- The titlescreen
- Genre: Panel game
- Presented by: Stellan Sundahl (1995-1999) Sven Melander (2000-2003) Kajsa Ingmarsson (2008-2009)
- Country of origin: Sweden
- Original language: Swedish
- No. of seasons: 14
- No. of episodes: 90

Production
- Producers: SVT Malmö (1995-2003) Jarowskij (2008-2009)
- Production locations: Malmö (1995-2003) Stockholm (2008-2009)
- Running time: 28-29 minutes

Original release
- Network: SVT2 (1995-2000) SVT1 (2001-2003) Kanal 9 (2008-2009)
- Release: 5 March 1995 – 21 December 2003

= Snacka om nyheter =

Swedish television series

Snacka om nyheter was the Swedish version of the BBC series Have I Got News for You, broadcast by Sveriges Television. It was first broadcast on 5 March 1995 on TV2 and hosted by Stellan Sundahl. On 22 February 1999 Stellan Sundahl died, days after taping an episode that was shown the day before he died. The show was put on hiatus and the three remaining episodes were replaced by commemorative programmes.

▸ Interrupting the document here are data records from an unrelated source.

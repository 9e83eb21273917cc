-- ===== src/Limits/Tests.antt =====
-- The limits at concrete times, on the toy stores.
use ai_inference_gateway_pla.Base.{ℕ, ◌≡◌, refl, Option, none, some, List, [], ◌∷◌, arith, min}
use ai_inference_gateway_pla.Base.Int.{pos, negsuc}
use ai_inference_gateway_pla.Limits.Cache.{CacheKey, Entry}
use ai_inference_gateway_pla.Limits.Toy.{toy_cache, toy_redis, toy_redis-IsUp}
use ai_inference_gateway_pla.Limits.Window.{admitted_in, run_calls, calls_in}
use ai_inference_gateway_pla.Limits.Django
use ai_inference_gateway_pla.Limits.Gateway
use ai_inference_gateway_pla.Limits.Quota.{UserProfile}
use ai_inference_gateway_pla.Limits.Quota.Serve.{Request, Within, serve_all, quota_bounds}

abbrev no_entries : CacheKey → Option Entry
no_entries k = none

abbrev no_counters : CacheKey → Option (ℕ × Option ℕ)
no_counters k = none

-- Five calls, the last of them in the next minute.
abbrev call_times : List ℕ
call_times = 1000000 ∷ 2000000 ∷ 3000000 ∷ 59000000 ∷ 61000000 ∷ []

consume_rate_limit-admits_example :
    admitted_in 0 (run_calls (Django.consume_rate_limit toy_cache 7 3) call_times no_entries)
    ≡ min 3 (calls_in 0 call_times)
consume_rate_limit-admits_example =
    Django.consume_rate_limit-admits toy_cache 7 3 0 call_times no_entries (omega arith) refl

redis_limit-admits_example :
    admitted_in 0 (run_calls (Gateway.consume_rate_limit toy_redis 7 3) call_times no_counters)
    ≡ min 3 (calls_in 0 call_times)
redis_limit-admits_example =
    Gateway.redis_limit-admits toy_redis 7 3 0 call_times no_counters (omega arith) toy_redis-IsUp
      refl

-- A counter that stands at its limit.
abbrev full_counters : CacheKey → Option (ℕ × Option ℕ)
full_counters k = some (3, some 100000000)

abbrev profile_rows : List UserProfile
profile_rows = record { user = 4; daily_request_limit = some 2; daily_token_limit = some 50 } ∷ []

abbrev two_requests : List Request
two_requests =
    record { time = 1000000; estimate = (pos 10, pos 10); used = (pos 10, pos 5) }
    ∷ record { time = 2000000; estimate = (pos 5, negsuc 0); used = (pos 5, pos 0) }
    ∷ []

quota_bounds_example :
    Within (some 2) (serve_all toy_cache 4 profile_rows two_requests no_entries).0
    × Within (some 50) (serve_all toy_cache 4 profile_rows two_requests no_entries).1
quota_bounds_example =
    quota_bounds toy_cache 4 0 profile_rows
      (record { user = 4; daily_request_limit = some 2; daily_token_limit = some 50 }) two_requests
      no_entries refl refl refl
      (((refl, omega arith), omega arith), (((refl, omega arith), omega arith), tt))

The show returned in November 2000 and was hosted by Sven Melander who would continue hosting it until the show's cancellation. The last programme was broadcast on 21 December 2003.

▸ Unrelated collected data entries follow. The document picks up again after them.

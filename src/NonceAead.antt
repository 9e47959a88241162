-- ===== src/NonceAead.antt =====
-- cipher_suites.go: prefixNonceAEAD and xorNonceAEAD, the AEADs of the record layer over one of
-- crypto/cipher, which is the record Aead. A call returns the receiver as it is afterwards.
pub mod Prefix
pub mod Xor
pub mod Digits
pub mod Nonces
use utls.Base.{ℕ, Bytes, Option}

-- cipher.AEAD: the nonce, the text and the additional data
pub record Aead : Type 0 where
  pub overhead : ℕ
  pub seal : Bytes → Bytes → Bytes → Bytes
  pub open_sealed : Bytes → Bytes → Bytes → Option Bytes

abbrev pub aead_nonce_length : ℕ
aead_nonce_length = 12

abbrev pub nonce_prefix_length : ℕ
nonce_prefix_length = 4
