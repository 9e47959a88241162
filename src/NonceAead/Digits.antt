-- ===== src/NonceAead/Digits.antt =====
-- Exclusive or, on all numbers: it is undone by itself, and the two arguments commute.
use Prim.Native.Nat.{bit_xor, differ}
use mathlib.Core.Path.{ap}
use native.Mathlib.Nat.{le_refl}
use utls.Base.{ℕ, zero, suc, ◌+◌, ◌*◌, ◌/◌, ◌%◌, ◌≤◌, ◌<◌, ◌≡◌, refl, sym, ◌∙◌, arith}
use utls.HalfConn.Padding.Bits.{xor_step, halving}

differ_twice : (a b : ℕ) → a < 2 → b < 2 → differ (differ a b) b ≡ a
differ_twice zero zero h h' = refl
differ_twice zero (suc zero) h h' = refl
differ_twice (suc zero) zero h h' = refl
differ_twice (suc zero) (suc zero) h h' = refl
differ_twice zero (suc (suc b)) h h' = absurd (omega arith)
differ_twice (suc zero) (suc (suc b)) h h' = absurd (omega arith)
differ_twice (suc (suc a)) b h h' = absurd (omega arith)

differ_bound : (a b : ℕ) → a < 2 → b < 2 → differ a b < 2
differ_bound zero b h h' = h'
differ_bound (suc zero) zero h h' = h
differ_bound (suc zero) (suc zero) h h' = omega arith
differ_bound (suc zero) (suc (suc b)) h h' = absurd (omega arith)
differ_bound (suc (suc a)) b h h' = absurd (omega arith)

-- One digit more, of a number that has the digit `d` below the digits of `q`.
digit_behind : (q d : ℕ) → d < 2 → ((q * 2 + d) / 2 ≡ q) × ((q * 2 + d) % 2 ≡ d)
digit_behind q d h = (omega arith, omega arith)

twice_step :
    (a b : ℕ) → bit_xor (bit_xor (a / 2) (b / 2)) (b / 2) ≡ a / 2 → bit_xor (bit_xor a b) b ≡ a
twice_step a b ih =
    let q = bit_xor (a / 2) (b / 2) in
    let d = differ (a % 2) (b % 2) in
    let digits = digit_behind q d (differ_bound (a % 2) (b % 2) (omega arith) (omega arith)) in
    let upper = ap (λ t. bit_xor t (b / 2)) digits.0 ∙ ih in
    let lower =
      ap (λ t. differ t (b % 2)) digits.1
      ∙ differ_twice (a % 2) (b % 2) (omega arith) (omega arith) in
    ap (λ t. bit_xor t b) (xor_step a b) ∙ omega (arith, xor_step (q * 2 + d) b, upper, lower)

-- A claim on two numbers, from the claim on the halves of both.
pairs : (P : ℕ → ℕ → Type 0) → P 0 0 → ((a b : ℕ) → P (a / 2) (b / 2) → P a b) → (a b : ℕ) → P a b
pairs P base step a b =
    halving (λ n. (a b : ℕ) → a ≤ n → b ≤ n → P a b) none
      (λ n ih a b h h'. step a b (ih (a / 2) (b / 2) (omega arith) (omega arith))) (a + b) (a + b)
      (le_refl (a + b)) a b (omega arith) (omega arith)
  where
    none : (a b : ℕ) → a ≤ 0 → b ≤ 0 → P a b
    none zero zero h h' = base
    none (suc a) b h h' = absurd (omega arith)
    none zero (suc b) h h' = absurd (omega arith)

pub bit_xor_twice : (a b : ℕ) → bit_xor (bit_xor a b) b ≡ a
bit_xor_twice = pairs (λ a b. bit_xor (bit_xor a b) b ≡ a) refl twice_step

differ_comm : (a b : ℕ) → differ a b ≡ differ b a
differ_comm zero zero = refl
differ_comm zero (suc b) = refl
differ_comm (suc a) zero = refl
differ_comm (suc a) (suc b) = differ_comm a b

bit_xor_comm : (a b : ℕ) → bit_xor a b ≡ bit_xor b a
bit_xor_comm =
    pairs (λ a b. bit_xor a b ≡ bit_xor b a) refl
      (λ a b ih. omega (arith, xor_step a b, xor_step b a, ih, differ_comm (a % 2) (b % 2)))

pub bit_xor_injective : (a b c : ℕ) → bit_xor a b ≡ bit_xor a c → b ≡ c
bit_xor_injective a b c h =
    sym (bit_xor_twice b a)
    ∙ ap (λ t. bit_xor t a) (bit_xor_comm b a ∙ h ∙ bit_xor_comm a c)
    ∙ bit_xor_twice c a
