-- ===== src/NonceAead/Prefix.antt =====
-- cipher_suites.go: prefixNonceAEAD, which puts a fixed prefix in front of the nonce, and aeadAESGCM.
use utls.Base.{◌==◌, Bytes, length, replicate, if◌then◌else◌, Option, Run, ok, panic, ◌>>=◌}
use utls.Base.Buffer.{copy_at, copy}
use utls.NonceAead.{Aead, aead_nonce_length, nonce_prefix_length}

pub record PrefixNonceAead : Type 0 where
  pub nonce : Bytes
  pub aead : Aead

-- aeadAESGCM, with the AEAD for the key
unfoldable pub aead_aes_gcm : Aead → Bytes → Run PrefixNonceAead
aead_aes_gcm aead nonce_prefix =
    if length nonce_prefix == nonce_prefix_length
    then ok (record { nonce = copy (replicate aead_nonce_length 0) nonce_prefix; aead = aead })
    else panic

unfoldable pub with_nonce : PrefixNonceAead → Bytes → Run PrefixNonceAead
with_nonce f nonce = do nonce' ← copy_at f.nonce 4 nonce; ok (record f { nonce = nonce' })

unfoldable pub seal : PrefixNonceAead → Bytes → Bytes → Bytes → Run (Bytes × PrefixNonceAead)
seal f nonce text extra = do f' ← with_nonce f nonce; ok (f'.aead.seal f'.nonce text extra, f')

unfoldable pub open_sealed :
    PrefixNonceAead → Bytes → Bytes → Bytes → Run (Option Bytes × PrefixNonceAead)
open_sealed f nonce text extra = do
  f' ← with_nonce f nonce
  ok (f'.aead.open_sealed f'.nonce text extra, f')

Snacka om nyheter took many rounds from the British original, including the "Film Round", "Tabloid Headlines", "Odd One Out", "Missing Words" and "Caption Competition". Other elements borrowed from Have I Got News for You were the opening that included the phrase "Good evening and welcome to Snacka om nyheter" followed by a punch-line and the three "news reports" in the beginning as well as the humorous delivery of the scores.

In 2008, the show began airing again, this time on Kanal 9, hosted by Kajsa Ingmarsson and produced by Jarowskij. This only lasted two seasons and the show was canceled in the spring of 2009.